6-K
Brazil Potash Corp. (GRO)
UNITED STATES
SECURITIES AND EXCHANGE COMMISSION
WASHINGTON, D.C. 20549
FORM 6-K
REPORT OFFOREIGN PRIVATE ISSUER
PURSUANT TO RULE 13a-16 OR15d-16
UNDER THE SECURITIES EXCHANGE ACT OF 1934
For the month of November, 2024
Commission File Number: 001-42423
BRAZIL POTASH CORP.
(Translation of registrant’s name into English)
98 DavenportRoad
Toronto, Ontario, Canada, M5R 1J2
Tel: +1 (416) 309-2963
(Address of principal executive offices)
Indicate by check mark whether the registrant files or will file annual reports under cover of Form 20-F or Form 40-F.
☒ Form 20-F ☐ Form 40-F
INFORMATION CONTAINED IN THIS FORM 6-K REPORT
Issuance of Press Release
On November 26, 2024, Brazil Potash Corp., a corporation existing under the laws of the Province of Ontario, Canada (the “Company”), issued a press release announcing the pricing of its initial public offering (the “IPO”) of 2,000,000 of its common shares, no par value per share, at a price to the public of $15.00 per share. A copy of the Company’s press release is furnished as Exhibit 99.1 hereto and incorporated herein by reference, and shall not be deemed to be “filed” for the purposes of Section 18 of the Securities Exchange Act of 1934, as amended, or otherwise subject to the liabilities of that section.
EXHIBIT INDEX
| Exhibit No. | Description |
|---|---|
| 99.1 | Press release of the Company, dated as of November 26, 2024, announcing the pricing of the IPO |
SIGNATURES
Pursuant to the requirements of the Securities Exchange Act of 1934, the registrant has duly caused this report to be signed on its behalf by the undersigned, thereunto duly authorized.
| BRAZIL POTASH CORP. | ||
|---|---|---|
| Date: November 27, 2024 | By: | /s/ Matthew Simpson |
| Name: Matthew Simpson | ||
| Title: Chief Executive Officer |
EX-99.1
Exhibit 99.1

BRAZIL POTASH ANNOUNCES PRICING OF INITIAL PUBLIC OFFERING
AMAZONAS, BRAZIL, November 26, 2024 – Brazil Potash Corp. (“Brazil Potash” or the “Company”) **** announced today the pricing of its initial public offering (the “IPO”) of 2,000,000 of its common shares, no par value per share (“Common Shares”), at a price to the public of $15.00 per share. All of the Common Shares are being offered by the Company. The gross proceeds to the Company from the IPO, before deducting underwriting discounts and commissions and estimated offering expenses payable by the Company, are expected to be approximately $30.0 million. In addition, the Company has granted the underwriters an option to purchase up to an additional 300,000 Common Shares, for a period of 30 days from the date of the final prospectus, to cover over-allotments, if any.
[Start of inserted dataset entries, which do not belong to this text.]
-- ===== src/Scheduler/RoundRobin.antt =====
-- The choice of `rr_schedule` (services/scheduler/round_robin.c).
use lugh_os.Base.{
  ℕ, zero, suc, pos, neg, ◌+◌, ◌-◌, ◌≤◌, ◌<◌, leb, ltb, if◌then◌else◌, Bool, true, false, ◌||◌,
  List, [], ◌∷◌, length, map, Option, none, some, get_or, set, ◌≡◌, ◌⊎◌, inl, inr, refl, ap, sym,
  ◌∙◌, arith, Bool-cases, subst,
}
use mathlib.Core.Bool.{false≢true}
use native.Mathlib.Decide.{dec_lt}
use lugh_os.Task.{Task, running}
use lugh_os.Tasks.{empty_task}
use lugh_os.Scheduler.{Choice, is_ready, is_running, yield_task, advance, rr_scan, rr_schedule}

-- The slot after `c` in a table of `n`, and the one `d` further on.
abbrev pub next_slot : ℕ → ℕ → ℕ
next_slot n c = if leb n (c + 1) then 0 else c + 1

abbrev pub after : ℕ → ℕ → ℕ → ℕ
after n c zero = next_slot n c
after n c (suc d) = after n (next_slot n c) d

-- How many slots a scan that starts after `c` passes before it comes to slot `i`.
abbrev pub distance : ℕ → ℕ → ℕ → ℕ
distance n c i = if ltb c i then i - c - 1 else n + i - c - 1

after_lem :
    (n c d : ℕ)
    → c < n
    → d < n
    → after n c d ≡ (if ltb (c + 1 + d) n then c + 1 + d else c + 1 + d - n)
after_lem n c zero p q = ground arith
after_lem n c (suc d) p q = ground (arith, after_lem n (next_slot n c) d)

after-distance : (n c i : ℕ) → c < n → i < n → after n c (distance n c i) ≡ i
after-distance n c i p q = after_lem n c (distance n c i) p (ground arith) ∙ ground arith

distance-after : (n c d : ℕ) → c < n → d < n → distance n c (after n c d) ≡ d
distance-after n c d p q = ground (arith, after_lem n c d p q)

after-lt : (n c d : ℕ) → c < n → after n c d < n
after-lt n c zero p = ground arith
after-lt n c (suc d) p = after-lt n (next_slot n c) d (ground arith)

abbrev pub ready_at : List Task → ℕ → Bool
ready_at ts k = is_ready (get_or ts k empty_task).state

-- Slot `k` picked: its task runs.
abbrev pub picked : List Task → ℕ → Choice
picked ts k =
    let t = get_or ts k empty_task in
    record {
      rv = pos 0;
      next_id = some t.task_id;
      table = set ts k (record t { state = running });
      cursor = pos k;
    }

abbrev pub Scanned : ℕ → List Task → ℕ → Option Choice → Type 0
Scanned m ts c out =
    (((d : ℕ) → d < m → ready_at ts (after (length ts) c d) ≡ false)
      × ((k : ℕ) × (k < length ts)
          × (out ≡ some (record { rv = neg 1; next_id = none; table = ts; cursor = pos k }))))
    ⊎ ((d : ℕ) × (d < m)
        × (ready_at ts (after (length ts) c d) ≡ true)
        × ((e : ℕ) → e < d → ready_at ts (after (length ts) c e) ≡ false)
        × (out ≡ some (picked ts (after (length ts) c d))))

advance-next_slot : (n c : ℕ) → advance n (pos c) ≡ pos (next_slot n c)
advance-next_slot n c = ground arith

missed_all :
    (ts : List Task) (n c m : ℕ)
    → ready_at ts (next_slot n c) ≡ false
    → ((d : ℕ) → d < m → ready_at ts (after n (next_slot n c) d) ≡ false)
    → (d : ℕ) → d < suc m
    → ready_at ts (after n c d) ≡ false
missed_all ts n c m miss all zero l = miss
missed_all ts n c m miss all (suc d) l = all d (omega arith)

rr_scan-Scanned :
    (m : ℕ) (ts : List Task) (c : ℕ) → c < length ts → Scanned m ts c (rr_scan m ts (pos c))
unfolding rr_scan
rr_scan-Scanned zero ts c l = inl (λ d p. absurd (omega arith), (c, l, refl))
rr_scan-Scanned (suc m) ts c l =
    let k = next_slot (length ts) c in
    elim (Bool-cases (ready_at ts k)) [
      | inl hit ↦ inr (
        0,
        omega arith,
        hit,
        λ e p. absurd (omega arith),
        rw (advance-next_slot (length ts) c, rr_scan, hit),
      )
      | inr miss ↦
          let step : rr_scan (suc m) ts (pos c) ≡ rr_scan m ts (pos k) =
            rw (advance-next_slot (length ts) c, rr_scan, miss) in
          elim (rr_scan-Scanned m ts k (ground arith)) [
            | inl (all, (j, lj, e)) ↦
                inl (missed_all ts (length ts) c m miss all, (j, lj, step ∙ e))
            | inr (d, ld, hit, before, e) ↦
                inr (suc d, omega arith, hit, missed_all ts (length ts) c d miss before, step ∙ e)
          ]
    ]

-- The task may run: it is READY, or it is RUNNING and about to yield.
abbrev pub runnable : List Task → ℕ → Bool
runnable ts i = let st = (get_or ts i empty_task).state in is_ready st || is_running st

pub yielded :
    (ts : List Task) (i : ℕ)
    → get_or (map yield_task ts) i empty_task ≡ yield_task (get_or ts i empty_task)
yielded [] i = refl
yielded (t ∷ ts) zero = refl
yielded (t ∷ ts) (suc i) = yielded ts i

pub length-yield : (ts : List Task) → length (map yield_task ts) ≡ length ts
length-yield [] = refl
length-yield (t ∷ ts) = ap suc (length-yield ts)

ready-yield : (t : Task) → is_ready (yield_task t).state ≡ (is_ready t.state || is_running t.state)
ready-yield t = ground arith

ready_at-yielded : (ts : List Task) (i : ℕ) → ready_at (map yield_task ts) i ≡ runnable ts i
ready_at-yielded ts i =
    ap (λ t. is_ready t.state) (yielded ts i) ∙ ready-yield (get_or ts i empty_task)

missed :
    (ts : List Task) (c d : ℕ)
    → ready_at (map yield_task ts) (after (length (map yield_task ts)) c d) ≡ false
    → runnable ts (after (length ts) c d) ≡ false
missed ts c d h =
    sym (ready_at-yielded ts (after (length ts) c d))
    ∙ subst (λ m. ready_at (map yield_task ts) (after m c d) ≡ false) (length-yield ts) h

-- A scan of the whole table that finds nothing has passed every slot.
none_runnable :
    (ts : List Task) (c : ℕ)
    → c < length ts
    → ((d : ℕ) → d < length ts → runnable ts (after (length ts) c d) ≡ false)
    → (i : ℕ) → i < length ts
    → runnable ts i ≡ false
none_runnable ts c l all i p =
    subst (λ j. runnable ts j ≡ false) (after-distance (length ts) c i l p)
      (all (distance (length ts) c i) (ground arith))

-- Where the slots before the `d`-th do not run, none that runs is nearer.
first_runnable :
    (ts : List Task) (c d : ℕ)
    → c < length ts
    → d < length ts
    → ((e : ℕ) → e < d → runnable ts (after (length ts) c e) ≡ false)
    → (i : ℕ) → i < length ts
    → runnable ts i ≡ true
    → distance (length ts) c (after (length ts) c d) ≤ distance (length ts) c i
first_runnable ts c d l ld before i p run = elim (dec_lt (distance (length ts) c i) d) [
  | yes near ↦
      let passed =
        subst (λ j. runnable ts j ≡ false) (after-distance (length ts) c i l p)
          (before (distance (length ts) c i) near) in
      absurd (false≢true (sym passed ∙ run))
  | no far ↦ omega (arith, distance-after (length ts) c d l ld)
]

-- On a table of tasks with the cursor inside it, `rr_schedule` returns 0 exactly when some task is
-- READY or RUNNING: it then picks the first such task after the cursor, going round, returns its
-- id, makes it the one RUNNING task and moves the cursor to it; every task that was RUNNING is
-- READY again. With no such task it returns -1, and only those states change.
pub rr_schedule_lem :
    (ts : List Task) (c : ℕ)
    → c < length ts
    → (((i : ℕ) → i < length ts → runnable ts i ≡ false)
        × ((k : ℕ) × (k < length ts)
            × (rr_schedule ts (pos c)
                ≡ some (record {
                  rv = neg 1;
                  next_id = none;
                  table = map yield_task ts;
                  cursor = pos k;
                }))))
      ⊎ ((k : ℕ) × (k < length ts)
          × (runnable ts k ≡ true)
          × ((i : ℕ)
              → i < length ts
              → runnable ts i ≡ true
              → distance (length ts) c k ≤ distance (length ts) c i)
          × (rr_schedule ts (pos c) ≡ some (picked (map yield_task ts) k)))
unfolding rr_schedule
rr_schedule_lem ts c l =
    let ys = map yield_task ts in
    let n = length ts in
    let same = length-yield ts in
    let open_table : leb n 0 ≡ false = ground arith in
    elim (rr_scan-Scanned n ys c (omega (arith, same))) [
      | inl (all, (k, lk, e)) ↦ inl (
        none_runnable ts c l (λ d p. missed ts c d (all d p)),
        (k, omega (arith, same), simp open_table e),
      )
      | inr (d, ld, hit, before, e) ↦
          let k = after n c d in
          let run =
            sym (ready_at-yielded ts k) ∙ subst (λ m. ready_at ys (after m c d) ≡ true) same hit in
          let result : rr_scan n ys (pos c) ≡ some (picked ys k) =
            subst (λ m. rr_scan n ys (pos c) ≡ some (picked ys (after m c d))) same e in
          inr (
            k,
            after-lt n c d l,
            run,
            first_runnable ts c d l ld (λ x p. missed ts c x (before x p)),
            simp open_table result,
          )
    ]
The Common Shares are expected to begin trading on the NYSE American on November 27, 2024 under the symbol “GRO”. The closing of the IPO is expected to occur on November 29, 2024, subject to the satisfaction of customary closing conditions. The Company has agreed to issue to the underwriters, upon the closing of the IPO, warrants exercisable for the number of Common Shares equal to 5% of the total number of Common Shares sold in the IPO. Such warrants will be exercisable at an exercise price equal to 130% of the initial public offering price.
Cantor Fitzgerald & Co., Banco Bradesco BBI S.A., Freedom Capital Markets, Roth Capital Partners, LLC, and Clarksons Securities, Inc. are acting as underwriters in the IPO.
A registration statement on Form F-1 relating to the offering of the Common Shares in the IPO has been filed with the U.S. Securities and Exchange Commission (the “SEC”) and was declared effective on November 26, 2024. The offering of Common Shares is being made only by means of a prospectus, copies of which may be obtained by contacting Cantor Fitzgerald & Co., Attention: Capital Markets, 110 East 59th Street, 6th Floor, New York, New York 10022, or by email at [email protected]; or Bradesco Securities Inc., Attention: Isabella Behar, 450 Park Avenue, 32nd Floor, New York, New York 10022, or by email at [email protected]. Copies of the Company’s registration statement can be accessed through the SEC’s website at www.sec.gov.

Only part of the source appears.